Erhöhtes Thromboserisiko bei neueren „Pillen“

Betrifft auch die Wirkstoffe Chlormadinon und Nomegestrol

Es gibt riskantere und weniger riskante Anti-Baby-Pillen, wenn es um das Risiko von Blut­gerinnseln geht. Allerdings fehlten für einige Wirkstoffe bislang noch genauere Informationen. Die liefert jetzt eine neue Auswertung von Krankenkassendaten.

In den meisten Anti-Baby-Pillen stecken zwei hormonelle Wirkstoffe: ein Östrogen (meist Ethinylestradiol) und ein Gestagen. Der Gestagen-Wirkstoff beeinflusst, wie stark das Risiko für Blutgerinnsel in den Venen, etwa in den Beinen oder – deutlich gefährlicher – in der Lunge steigt. Bei Pillen mit älteren Gestagen-Wirkstoffen wie Levonorgestrel kommt es jährlich zu etwa fünf bis sieben solcher Blutgerinnsel pro 10.000 Frauen (Risikoklasse 1). Bei neueren Gestagen-Wirkstoffen wie Etonogestrel und Norelgestromin können es sechs bis zwölf Gerinnsel (Risikoklasse 2), bei Drospirenon und Desogestrel neun bis zwölf (Risikoklasse 3) sein. Das ist bereits seit Längerem bekannt.

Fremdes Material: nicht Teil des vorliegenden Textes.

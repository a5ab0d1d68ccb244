-- ===== src/Tests/CommandLine.antt =====
-- An artifact that is handled from the command line, and the theorems at this artifact.
use ota_pulse.Prelude.{arith, insert, ◌≡◌, refl, true, false, none, some, [], ◌∷◌, lookup}
use ota_pulse.Datastore.Db.{
  StandaloneStateData, standalone_entry, text_entry, artifact_name_key, standalone_state_key,
}
use ota_pulse.Datastore.UpdateInfo.{set_supports_rollback}
use ota_pulse.Agent.Handle.Payloads.{query_rollback_support}
use ota_pulse.Agent.State.{State}
use ota_pulse.Agent.Machine.{Machine, ◌>>=◌, ask, gets, pure}
use ota_pulse.Agent.Standalone.Committed.{IsCommitted, do_standalone_commit-stores_name}
use ota_pulse.Agent.Env.{Env, ArtifactHeaders}
use ota_pulse.Agent.Step.PastCommit.{rollbacks}
use ota_pulse.Agent.Standalone.Restore.{Site, Found, do_standalone_commit, do_standalone_rollback}
use ota_pulse.Agent.Standalone.Installed.{Reads, do_standalone_install-commits}
use ota_pulse.Agent.Standalone.Install.{do_standalone_install}
use ota_pulse.Agent.Standalone.Supported.{HasNoSupport}
use ota_pulse.Agent.Standalone.Supported.Runs.{standalone-no_support}
use ota_pulse.Tests.Setup.{calm, device_in}

abbrev release_2 : ArtifactHeaders
release_2 = record {
  artifact_name = "release-2";
  compatible_devices = "board" ∷ [];
  payload_types = "single-file" ∷ [];
  depends = none;
  provides_error = false;
  provides = none;
  clears_provides = none;
}

-- Every payload can be installed, and none can be rolled back.
abbrev one_way : Env
one_way = record calm { headers = λ calls. some release_2; rollback_support = λ calls. some false }

abbrev board : Site
board = record {
  has_dual_rootfs = true;
  inactive = λ calls. some "/dev/sda3";
  file_at = λ calls. Found.executable;
}

one_way-HasNoSupport : HasNoSupport one_way
one_way-HasNoSupport calls e = cc

standalone-no_support_example :
    (rollbacks
        (do_standalone_install one_way board "release.art" false (device_in State.idle [])).1.trace
      ≡ rollbacks [])
    × (rollbacks (do_standalone_commit one_way board (device_in State.idle [])).1.trace
        ≡ rollbacks [])
    × (rollbacks (do_standalone_rollback one_way board (device_in State.idle [])).1.trace
        ≡ rollbacks [])
standalone-no_support_example =
    standalone-no_support one_way board "release.art" false (device_in State.idle [])
      one_way-HasNoSupport

abbrev waiting : StandaloneStateData
waiting = record {
  version = 1;
  artifact_name = "release-2";
  artifact_group = "";
  artifact_type_info_provides = none;
  artifact_clears_provides = none;
  payload_types = "single-file" ∷ [];
}

abbrev before_commit : Machine
before_commit = device_in State.idle (
    (standalone_state_key, standalone_entry waiting)
    ∷ ((artifact_name_key, text_entry "release-1") ∷ []))

do_standalone_commit-stores_name_example :
    IsCommitted "release-2" (do_standalone_commit one_way board before_commit).1.db
unfolding lookup do_standalone_commit ◌>>=◌ ask gets pure
do_standalone_commit-stores_name_example =
    do_standalone_commit-stores_name one_way board before_commit waiting refl refl refl

one_way-Reads : Reads one_way release_2
one_way-Reads calls h e = ground arith

do_standalone_install-commits_example :
    IsCommitted "release-2"
      (do_standalone_install one_way board "release.art" false (device_in State.idle [])).1.db
unfolding do_standalone_install ◌>>=◌ ask pure query_rollback_support set_supports_rollback lookup
    gets insert
do_standalone_install-commits_example =
    do_standalone_install-commits one_way board "release.art" false (device_in State.idle [])
      release_2 one_way-HasNoSupport one_way-Reads refl refl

Für einige andere neuere Gestagene war bislang nicht klar, welcher Risikoklasse sie zuzuordnen sind. Eine neuere Analyse hat jetzt ergeben, dass auch Chlormadinon und Nomegestrol zur Risikoklasse 3 gehören, also das höchste Thromboserisiko haben.1 Dazu wertete das Forschungs­team Abrechnungsdaten von vier gesetzlichen Krankenversicherungen in Deutschland aus.

Besser verordnen!

Die deutsche Zulassungsbehörde, das Bundesinstitut für Arzneimittel und Medizinprodukte (BfArM), weist erneut darauf hin, dass Ärztinnen und Ärzte bevorzugt Präparate mit niedrigerem Thromboserisiko verordnen sollen, gerade bei Frauen, die die Pille zum ersten Mal einnehmen oder ein höheres Risiko für eine Thrombose haben, wie etwa bei Übergewicht.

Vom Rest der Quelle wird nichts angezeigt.